### Assigned task
Return every line of the listing that includes the string "module".

##############################

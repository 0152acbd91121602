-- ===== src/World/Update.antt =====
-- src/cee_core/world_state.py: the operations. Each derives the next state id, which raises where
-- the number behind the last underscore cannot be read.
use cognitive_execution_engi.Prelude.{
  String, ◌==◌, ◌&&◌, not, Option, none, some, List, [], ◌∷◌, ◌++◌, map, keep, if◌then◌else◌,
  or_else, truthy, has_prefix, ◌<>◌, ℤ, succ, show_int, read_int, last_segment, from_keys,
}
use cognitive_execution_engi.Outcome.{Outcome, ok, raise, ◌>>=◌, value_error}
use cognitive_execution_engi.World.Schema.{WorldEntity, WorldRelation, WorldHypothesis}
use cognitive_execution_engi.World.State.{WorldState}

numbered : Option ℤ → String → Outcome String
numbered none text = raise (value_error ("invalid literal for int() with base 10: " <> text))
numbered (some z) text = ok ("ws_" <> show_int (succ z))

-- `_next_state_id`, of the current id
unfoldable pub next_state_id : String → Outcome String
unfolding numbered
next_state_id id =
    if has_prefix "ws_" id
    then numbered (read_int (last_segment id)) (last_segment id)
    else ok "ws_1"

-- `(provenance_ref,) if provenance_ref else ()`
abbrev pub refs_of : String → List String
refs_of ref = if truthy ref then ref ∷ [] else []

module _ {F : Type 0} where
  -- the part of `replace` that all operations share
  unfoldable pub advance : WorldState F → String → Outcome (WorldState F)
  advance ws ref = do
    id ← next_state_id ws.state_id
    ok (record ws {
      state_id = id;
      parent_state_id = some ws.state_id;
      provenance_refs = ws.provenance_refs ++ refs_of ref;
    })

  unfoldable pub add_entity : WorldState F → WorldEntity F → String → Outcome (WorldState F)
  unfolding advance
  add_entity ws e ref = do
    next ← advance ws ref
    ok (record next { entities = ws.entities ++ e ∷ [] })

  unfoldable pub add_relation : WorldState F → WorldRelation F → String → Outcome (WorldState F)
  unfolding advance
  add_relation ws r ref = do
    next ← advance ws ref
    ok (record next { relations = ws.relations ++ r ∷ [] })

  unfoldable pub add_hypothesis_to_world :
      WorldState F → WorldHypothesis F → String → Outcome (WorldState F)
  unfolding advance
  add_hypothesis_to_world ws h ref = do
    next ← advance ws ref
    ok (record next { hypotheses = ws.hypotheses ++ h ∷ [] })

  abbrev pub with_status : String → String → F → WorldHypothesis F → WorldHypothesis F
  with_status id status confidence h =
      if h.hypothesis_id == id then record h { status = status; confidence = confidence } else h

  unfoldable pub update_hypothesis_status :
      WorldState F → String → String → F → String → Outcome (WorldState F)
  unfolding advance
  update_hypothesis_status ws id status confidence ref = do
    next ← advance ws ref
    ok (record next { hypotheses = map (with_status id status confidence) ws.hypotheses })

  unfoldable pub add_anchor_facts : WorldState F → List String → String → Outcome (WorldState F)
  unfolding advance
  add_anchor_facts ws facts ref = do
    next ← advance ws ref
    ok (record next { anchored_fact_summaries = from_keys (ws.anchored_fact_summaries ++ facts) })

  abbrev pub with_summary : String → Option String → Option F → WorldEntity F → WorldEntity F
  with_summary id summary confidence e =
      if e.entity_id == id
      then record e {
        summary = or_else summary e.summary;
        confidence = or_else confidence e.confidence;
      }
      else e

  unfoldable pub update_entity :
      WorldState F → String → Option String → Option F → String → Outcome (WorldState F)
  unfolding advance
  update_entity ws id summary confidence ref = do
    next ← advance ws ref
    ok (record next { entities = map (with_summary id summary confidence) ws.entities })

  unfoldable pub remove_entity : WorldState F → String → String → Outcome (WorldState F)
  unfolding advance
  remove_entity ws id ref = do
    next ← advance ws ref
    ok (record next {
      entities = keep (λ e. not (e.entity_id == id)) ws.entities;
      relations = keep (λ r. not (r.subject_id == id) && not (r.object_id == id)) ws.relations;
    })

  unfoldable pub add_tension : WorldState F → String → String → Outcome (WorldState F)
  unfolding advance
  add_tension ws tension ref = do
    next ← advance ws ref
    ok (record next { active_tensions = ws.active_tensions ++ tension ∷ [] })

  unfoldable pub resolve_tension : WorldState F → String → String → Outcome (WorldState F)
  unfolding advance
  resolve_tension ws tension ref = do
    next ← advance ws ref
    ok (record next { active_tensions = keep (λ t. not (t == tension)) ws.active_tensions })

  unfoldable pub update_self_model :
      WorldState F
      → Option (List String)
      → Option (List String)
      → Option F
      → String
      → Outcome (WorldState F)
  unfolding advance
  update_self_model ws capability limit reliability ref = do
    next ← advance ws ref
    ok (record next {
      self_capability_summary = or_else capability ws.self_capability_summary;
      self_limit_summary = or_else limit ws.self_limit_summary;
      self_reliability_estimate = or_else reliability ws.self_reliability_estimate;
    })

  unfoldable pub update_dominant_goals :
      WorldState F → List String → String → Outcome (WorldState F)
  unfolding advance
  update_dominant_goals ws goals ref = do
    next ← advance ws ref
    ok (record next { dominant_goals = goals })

##############################

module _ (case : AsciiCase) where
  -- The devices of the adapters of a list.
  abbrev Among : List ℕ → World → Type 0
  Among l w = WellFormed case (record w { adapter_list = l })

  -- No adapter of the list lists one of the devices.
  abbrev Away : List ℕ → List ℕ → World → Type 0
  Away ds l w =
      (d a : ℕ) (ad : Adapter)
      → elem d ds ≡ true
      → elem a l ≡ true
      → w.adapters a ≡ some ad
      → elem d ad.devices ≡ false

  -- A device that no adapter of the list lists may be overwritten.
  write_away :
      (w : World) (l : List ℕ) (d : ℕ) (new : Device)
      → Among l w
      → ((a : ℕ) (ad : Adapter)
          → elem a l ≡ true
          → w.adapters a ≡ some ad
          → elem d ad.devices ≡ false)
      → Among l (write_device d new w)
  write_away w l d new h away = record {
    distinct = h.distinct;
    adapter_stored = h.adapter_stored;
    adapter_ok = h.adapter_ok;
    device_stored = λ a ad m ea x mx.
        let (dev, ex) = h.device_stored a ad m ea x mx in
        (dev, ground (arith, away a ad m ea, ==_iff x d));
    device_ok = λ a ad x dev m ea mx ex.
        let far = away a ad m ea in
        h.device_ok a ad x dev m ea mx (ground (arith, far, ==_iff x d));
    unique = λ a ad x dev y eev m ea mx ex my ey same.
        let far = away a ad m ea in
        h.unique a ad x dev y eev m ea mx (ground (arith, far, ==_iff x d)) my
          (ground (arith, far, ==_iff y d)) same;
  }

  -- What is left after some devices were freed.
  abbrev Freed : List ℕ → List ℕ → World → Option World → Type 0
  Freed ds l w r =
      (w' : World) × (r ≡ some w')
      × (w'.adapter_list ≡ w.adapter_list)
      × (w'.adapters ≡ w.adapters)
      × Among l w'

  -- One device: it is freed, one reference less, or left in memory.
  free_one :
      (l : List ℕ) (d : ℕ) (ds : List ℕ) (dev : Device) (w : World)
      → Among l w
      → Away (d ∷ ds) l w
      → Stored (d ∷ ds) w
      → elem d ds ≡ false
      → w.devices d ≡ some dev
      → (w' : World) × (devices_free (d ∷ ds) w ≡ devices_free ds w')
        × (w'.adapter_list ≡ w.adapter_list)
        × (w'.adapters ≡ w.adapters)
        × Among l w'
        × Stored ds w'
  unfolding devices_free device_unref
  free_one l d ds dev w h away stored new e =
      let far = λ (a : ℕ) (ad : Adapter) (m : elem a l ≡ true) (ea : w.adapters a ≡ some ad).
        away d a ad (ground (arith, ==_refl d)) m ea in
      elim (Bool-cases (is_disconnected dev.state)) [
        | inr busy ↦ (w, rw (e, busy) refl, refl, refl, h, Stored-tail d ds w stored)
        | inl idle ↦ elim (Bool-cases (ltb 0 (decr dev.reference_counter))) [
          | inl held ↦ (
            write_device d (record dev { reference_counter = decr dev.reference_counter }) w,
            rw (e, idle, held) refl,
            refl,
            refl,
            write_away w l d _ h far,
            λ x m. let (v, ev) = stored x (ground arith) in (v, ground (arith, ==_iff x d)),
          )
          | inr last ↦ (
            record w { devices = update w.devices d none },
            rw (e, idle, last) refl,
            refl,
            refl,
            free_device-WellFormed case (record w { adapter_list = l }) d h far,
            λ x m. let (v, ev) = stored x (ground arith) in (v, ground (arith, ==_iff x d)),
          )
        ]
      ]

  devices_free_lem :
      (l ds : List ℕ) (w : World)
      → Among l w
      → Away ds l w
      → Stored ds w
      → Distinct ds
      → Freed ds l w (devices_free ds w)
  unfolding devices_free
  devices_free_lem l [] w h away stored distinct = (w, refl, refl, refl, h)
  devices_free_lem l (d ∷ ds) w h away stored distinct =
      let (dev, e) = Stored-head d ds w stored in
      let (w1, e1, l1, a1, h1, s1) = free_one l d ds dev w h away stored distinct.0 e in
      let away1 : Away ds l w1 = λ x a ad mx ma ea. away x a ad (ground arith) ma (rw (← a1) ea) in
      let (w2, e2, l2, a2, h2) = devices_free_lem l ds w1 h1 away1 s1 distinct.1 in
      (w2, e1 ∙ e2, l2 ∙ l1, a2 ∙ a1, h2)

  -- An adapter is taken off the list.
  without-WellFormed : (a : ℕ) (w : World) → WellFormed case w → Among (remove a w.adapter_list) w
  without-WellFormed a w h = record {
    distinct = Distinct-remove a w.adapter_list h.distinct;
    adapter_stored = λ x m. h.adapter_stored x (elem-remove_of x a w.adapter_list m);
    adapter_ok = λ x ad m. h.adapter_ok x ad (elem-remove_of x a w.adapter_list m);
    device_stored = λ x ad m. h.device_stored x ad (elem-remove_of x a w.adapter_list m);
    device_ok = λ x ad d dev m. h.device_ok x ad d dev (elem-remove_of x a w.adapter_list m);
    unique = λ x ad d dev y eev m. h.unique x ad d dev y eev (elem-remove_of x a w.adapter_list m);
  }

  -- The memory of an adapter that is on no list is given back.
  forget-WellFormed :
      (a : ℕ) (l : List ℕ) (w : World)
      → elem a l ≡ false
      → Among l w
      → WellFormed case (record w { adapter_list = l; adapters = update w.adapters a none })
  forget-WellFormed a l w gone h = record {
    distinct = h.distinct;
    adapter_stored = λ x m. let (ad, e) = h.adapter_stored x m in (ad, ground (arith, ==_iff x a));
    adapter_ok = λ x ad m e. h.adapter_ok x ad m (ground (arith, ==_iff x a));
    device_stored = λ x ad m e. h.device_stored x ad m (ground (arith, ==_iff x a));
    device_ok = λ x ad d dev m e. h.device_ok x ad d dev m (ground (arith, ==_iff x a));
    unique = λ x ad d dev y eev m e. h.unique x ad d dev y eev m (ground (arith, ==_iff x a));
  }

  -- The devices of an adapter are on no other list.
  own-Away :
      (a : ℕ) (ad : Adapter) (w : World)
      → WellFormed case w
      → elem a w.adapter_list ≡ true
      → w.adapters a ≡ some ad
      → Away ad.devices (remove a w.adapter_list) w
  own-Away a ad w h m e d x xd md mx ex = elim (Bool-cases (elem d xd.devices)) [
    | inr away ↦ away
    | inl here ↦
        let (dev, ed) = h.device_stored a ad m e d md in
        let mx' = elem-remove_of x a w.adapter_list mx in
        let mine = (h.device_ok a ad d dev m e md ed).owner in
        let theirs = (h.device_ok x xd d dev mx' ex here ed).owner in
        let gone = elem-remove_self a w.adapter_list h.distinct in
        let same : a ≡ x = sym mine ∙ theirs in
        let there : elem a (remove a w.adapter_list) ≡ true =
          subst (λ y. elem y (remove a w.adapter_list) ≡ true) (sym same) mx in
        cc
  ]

##############################

### Answer below
module _ {F : Type 0} where
module _ (case : AsciiCase) where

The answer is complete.